Pubblicato il 27 gennaio 2017, Hey Mr Ferryman è l’album di Mark Eitzel che segue a cinque anni di distanza Don’t Be a Stranger (e Glory, una raccolta di demo e home recording). Prodotta a stretto contatto con l’ex Suede Bernard Butler (che qui suona diversi strumenti oltre a produrre l’intero lavoro), la nuova prova si presenta rinnovata negli arrangiamenti (decisamente più “pieni”, orchestrati ed elettrici che in precedenza) ma in continuità con lo stile più basale del frontman degli American Music Club sospeso tra etereo songwriting di marca Tim Buckley, sobrie eleganze Leonard Cohen ed una vena nel solco del blueeyed soul più fumoso ed intimista che proprio in Inghilterra ha trovato la sua residenza più longeva.

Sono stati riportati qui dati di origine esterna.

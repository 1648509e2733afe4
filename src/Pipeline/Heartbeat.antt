-- ===== src/Pipeline/Heartbeat.antt =====
-- The heartbeat: when it beats, and what a start makes of it.
use canebot_projector_repo.Base.{
  ℕ, ◌≡◌, refl, ◌∙◌, ap, String, true, false, Option, none, some, List, arith, Option-cases, inl,
  inr,
}
use canebot_projector_repo.Rows.{unix_milli}
use canebot_projector_repo.Pipeline.Merge.{TimelineItem, merge, apply_items, latest_at}
use canebot_projector_repo.Pipeline.Store.{Store, set_cursor, last_alive, mark_alive}
use canebot_projector_repo.Pipeline.Reader.{Source}
use canebot_projector_repo.Pipeline.Collect.{Env, collect}
use canebot_projector_repo.Pipeline.Tick.{
  Projector, Step, ◌>>=◌, config_step, save_cursor, save_cursors, flush_step, save_closed,
  actuator_step, attribute_step, save_rollup_cursors, derived_step, timeline_step, alive_step,
  finish_tick, tick,
}

save_cursor-alive :
    (applied : List TimelineItem) (st : Store) (kind : ℕ) (table : String)
    → (save_cursor applied st kind table).last_alive_ms ≡ st.last_alive_ms
unfolding save_cursor set_cursor
save_cursor-alive applied st kind table = ground arith

save_cursors-alive :
    (applied : List TimelineItem) (st : Store)
    → (save_cursors applied st).last_alive_ms ≡ st.last_alive_ms
unfolding save_cursors
save_cursors-alive applied st =
    save_cursor-alive applied _ 4 "sensor_input_toggles"
    ∙ save_cursor-alive applied _ 3 "faults"
    ∙ save_cursor-alive applied _ 2 "fsm_step_runs"
    ∙ save_cursor-alive applied _ 1 "fsm_events"
    ∙ save_cursor-alive applied st 0 "orders"

save_closed-alive :
    (st : Store) (table : String) (high : ℕ)
    → (save_closed st table high).last_alive_ms ≡ st.last_alive_ms
unfolding save_closed set_cursor
save_closed-alive st table high = ground arith

-- The heartbeat of the state behind a step.
abbrev pub alive : Step → Option ℕ
alive s = s.0.st.last_alive_ms

config_step-alive :
    (src : Source) (latest : Option ℕ) (p : Projector)
    → alive (config_step src latest p) ≡ p.st.last_alive_ms
unfolding config_step
config_step-alive src none p = refl
config_step-alive src (some at) p = elim (Option-cases src.config) [
  | inl e ↦ rw (e, config_step) refl
  | inr (m, e) ↦ rw (e, config_step) refl
]

actuator_step-alive :
    (env : Env) (src : Source) (p : Projector)
    → alive (actuator_step env src p) ≡ p.st.last_alive_ms
unfolding actuator_step
actuator_step-alive env src p = elim (Option-cases src.actuator_output_intervals) [
  | inl e ↦ rw (e, actuator_step) refl
  | inr (rows, e) ↦ rw (e, actuator_step) (save_closed-alive p.st "actuator_output_intervals" _)
]

pub derived_step-alive :
    (up_to : ℕ) (p : Projector) → alive (derived_step up_to p) ≡ p.st.last_alive_ms
unfolding derived_step save_rollup_cursors
derived_step-alive up_to p =
    save_closed-alive _ "daily_rollups" _
    ∙ save_closed-alive _ "hourly_rollups" _
    ∙ save_closed-alive p.st "cip_runs" _

timeline_step-alive :
    (latest : Option ℕ) (p : Projector) → alive (timeline_step latest p) ≡ p.st.last_alive_ms
unfolding timeline_step
timeline_step-alive none p = refl
timeline_step-alive (some at) p =
    derived_step-alive (unix_milli at) (record p { last_timeline_ms = unix_milli at })

pub bind-alive :
    (at : Option ℕ) (s : Step) (f : Projector → Step)
    → alive s ≡ at
    → ((p : Projector) → alive (f p) ≡ p.st.last_alive_ms)
    → alive (s >>= f) ≡ at
bind-alive at (p, true) f e k = k p ∙ e
bind-alive at (p, false) f e k = e

-- A tick without its last step leaves the heartbeat.
body-alive :
    (env : Env) (src : Source) (applied : List TimelineItem) (p : Projector)
    → alive (
        config_step src (latest_at none applied) p
        >>= (λ q. flush_step env (record q { st = save_cursors applied q.st }))
        >>= actuator_step env src
        >>= attribute_step
        >>= timeline_step (latest_at none applied))
      ≡ p.st.last_alive_ms
unfolding flush_step attribute_step
body-alive env src applied p =
    let at = p.st.last_alive_ms in
    let latest = latest_at none applied in
    let flush = λ (q : Projector). flush_step env (record q { st = save_cursors applied q.st }) in
    let s1 = config_step src latest p in
    let s2 = s1 >>= flush in
    let s3 = s2 >>= actuator_step env src in
    let s4 = s3 >>= attribute_step in
    let e2 =
      bind-alive at s1 flush (config_step-alive src latest p)
        (λ q. save_cursors-alive applied q.st) in
    let e3 = bind-alive at s2 (actuator_step env src) e2 (actuator_step-alive env src) in
    let e4 = bind-alive at s3 attribute_step e3 (λ q. refl) in
    bind-alive at s4 (timeline_step latest) e4 (timeline_step-alive latest)

-- The heartbeat behind a step: `now` where it succeeded, and `at` where it failed.
abbrev Beats : ℕ → Option ℕ → Step → Type 0
Beats now at s = (s.1 ≡ true → alive s ≡ some now) × (s.1 ≡ false → alive s ≡ at)

beat : (now : ℕ) (at : Option ℕ) (s : Step) → alive s ≡ at → Beats now at (s >>= alive_step now)
unfolding alive_step mark_alive
beat now at (p, true) e = (λ o. refl, λ o. cc)
beat now at (p, false) e = (λ o. cc, λ o. e)

-- A tick that succeeds leaves its own time as the heartbeat, and one that fails leaves the heartbeat
-- that was there.
pub tick-heartbeat :
    (env : Env) (src : Source) (now : ℕ) (p : Projector)
    → let (p', ok) = tick env src now p in
      (ok ≡ true → p'.st.last_alive_ms ≡ some now)
      × (ok ≡ false → p'.st.last_alive_ms ≡ p.st.last_alive_ms)
unfolding tick finish_tick
tick-heartbeat env src now p = elim (Option-cases (collect env src p.trk p.st)) [
  | inl e ↦ rw (e, tick) (λ o. cc, λ o. refl)
  | inr (batches, e) ↦
      let applied = (merge env.batch_size batches).0 in
      let q = record p { trk = apply_items env.firmware.io p.trk applied } in
      rw (e, tick) (beat now p.st.last_alive_ms _ (body-alive env src applied q))
]

pub last_alive-some : (st : Store) (now : ℕ) → st.last_alive_ms ≡ some now → last_alive st ≡ now
unfolding last_alive
last_alive-some st now e = ap {B = ℕ} (λ (o : Option ℕ). elim o [ none ↦ 0 | some ms ↦ ms ]) e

Accanto ad un Butler in gran spolvero, che appone anche un tocco propriamente visivo e cinematografico alla grana sonora (in tandem con la copertina coordinata à la True Detective), l’Eitzel “britannico” apre la porta ed esce in strada soffiando fumo e polveri dai mobili di casa. Lontano dalle camere dei Motel e dal fumo dei jazz club, il songwriter si abbandona all’idea di un viaggio kerouachiano senza dimenticare tappe di raccoglimento e riflessione tanto che ora accostarlo ai Prefab Sprout (An Answer), al Roger Waters primi 80s (The Road, la stra pinkfloyidiana Mr Humphries) o, sotto sotto, al più classico ed eterno Van Morrison, non è per niente fuori luogo. Non ultimo, da citare c’è anche The Singer, dedicata al compianto Jason Molina / Songs: Ohia, canzone che ricorda da (molto) vicino il Ben Watt di Fever Dream, non a caso registrato ai RAK Studios di Londra assieme a Butler.